The votes are in: NFPA 731 passes
LAS VEGAS--The National Fire Protection Association's 731 standard for the Installation of Electronic Premises Security Systems, that divided the industry, passed the association's voting process last month at the NFPA World Safety Conference and Exposition here.
But the nine National Burglar & Fire Alarm Assocation members who attended the meeting questioned the fairness of the NFPA 731 vote outcome and planned to file an appeal to the standards committee within 20 days of the vote. However, the group's efforts will need to be matched by other security associations, noted Scot Colby, president of the NBFAA.
"It will take more than one letter to appeal the standard. The smallest dealers to the large manufacturers need to pay attention to what this standard will affect," he said.
NFPA members from sectors ranging from roof carpentry to compressed natural gas, attended the meeting. As NFPA members, these groups voted on all the standards discussed, including the security standard when it was introduced on the floor.
Some NFPA members in attendance didn't have an understanding of the security industry or the repercussions of the vote, claimed Colby.
"It's a travesty to the industry," Colby said. "Basically, I have to compare it to a car mechanic doing brain surgery with how the people voted."

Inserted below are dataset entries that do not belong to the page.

-- ===== src/Remote/Request.antt =====
-- `requestBlk` of NetworkCache.cpp over the messages of a connection.
use tazer.Base.{
  ℕ, zero, suc, ◌+◌, ◌-◌, ◌*◌, ◌%◌, ltb, Bool, true, false, not, ◌&&◌, if◌then◌else◌, ◌==◌, List,
  [], ◌∷◌, Option, none, some,
}
use tazer.Message.Bytes.{Buffer, get_bytes}
use tazer.Message.Build.{build_request_blk}
use tazer.Bounded.Types.{u32, u64}
use tazer.Message.Transfer.{Connection, client_send_retry, SentBlock, rec_send_blk}

-- `Config::socketRetry`, `Config::networkBlockSize`, what uninitialised memory holds, and
-- `LZ4_decompress_safe` into a buffer of the given size, which may fail.
pub record NetworkSetup : Type 0 where
  pub socket_retry : ℕ
  pub network_block_size : ℕ
  pub fresh : Buffer
  pub lz4_decompress : Buffer → ℕ → ℕ → Option Buffer

-- What the cache knows of the file: its name, its size, and whether its blocks come compressed.
pub record RemoteFile : Type 0 where
  pub name : List ℕ
  pub file_size : ℕ
  pub compress : Bool

-- The data of the answered request; none is `NULL`.
abbrev pub Answer : Type 0
Answer = Option Buffer

-- `end - start` in 64 bits, passed on as the `uint32_t` size of the buffer of `decompress`.
abbrev pub block_size_of : NetworkSetup → RemoteFile → ℕ → ℕ
block_size_of u f blk =
    let start = blk * u.network_block_size % u64 in
    if ltb f.file_size start
    then (f.file_size + u64 - start) % u64 % u32
    else u.network_block_size % u64 % u32

abbrev pub is_nil : List ℕ → Bool
is_nil [] = true
is_nil (x ∷ xs) = false

-- `!fileName.empty() && dataSize && blk == i`.
abbrev pub is_block : SentBlock → ℕ → Bool
is_block b i = not (is_nil b.file_name) && (not (b.data_size == 0) && b.blk == i)

-- What becomes of a received block: nothing where it did not come, and otherwise its data, which
-- `decompress` may fail to make.
abbrev pub accept : NetworkSetup → RemoteFile → ℕ → SentBlock → Option Buffer → Option Answer
accept u f i b none = none
accept u f i b (some bytes) =
    if is_block b i
    then some (
        if f.compress then u.lz4_decompress bytes b.data_size (block_size_of u f i) else some bytes)
    else none

abbrev pub first_success {ℓ} :
    {S : Type ℓ} → S × Option Answer → S × Option Answer → S × Option Answer
first_success (s, none) rest = rest
first_success (s, some a) rest = (s, some a)

module _ {S : Type 0} (conn : Connection S) (u : NetworkSetup) (f : RemoteFile) where
  -- The receive behind a request that was sent, or not.
  unfoldable pub receive_block : ℕ → S × Bool → S × Option Answer
  unfolding rec_send_blk
  receive_block blk (s, false) = (s, none)
  receive_block blk (s, true) =
      let b = rec_send_blk conn u.socket_retry u.fresh s none u.network_block_size in
      (b.0, accept u f blk b.1 b.1.bytes)

  -- One round of the loop of `requestBlk`.
  unfoldable pub request_once : S → ℕ → S × Option Answer
  unfolding client_send_retry receive_block build_request_blk
  request_once s blk =
      let p = build_request_blk u.fresh f.name blk blk in
      receive_block blk (client_send_retry conn u.socket_retry s (get_bytes p.buff 0 p.size))

  -- The loop with `n` rounds left; none says that `success` stays false.
  unfoldable pub request_rounds : ℕ → S → ℕ → S × Option Answer
  unfolding request_once
  request_rounds zero s blk = (s, none)
  request_rounds (suc n) s blk =
      let r = request_once s blk in let rest = request_rounds n r.0 blk in first_success r rest

  -- `requestBlk`.
  unfoldable pub request_blk : S → ℕ → S × Option Answer
  unfolding request_rounds
  request_blk s blk = request_rounds u.socket_retry s blk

Five security members made arguments on the floor to return the document to the Premises Security Technical Committee, while others, presented discussions in favor of the standard. In the end, the consensus was to approve NFPA 731, which effectively developed a standard in the design and installation of electronic security systems.
Although the NFPA 731 standard is non-binding until municipalities adopt it into law, the association wants the standard to be evaluated again. Rich Bielen, chief systems and applications engineer at NFPA, said the standards committee council will listened to appeals and then will meet in the middle of July to review the appeals and make a decision.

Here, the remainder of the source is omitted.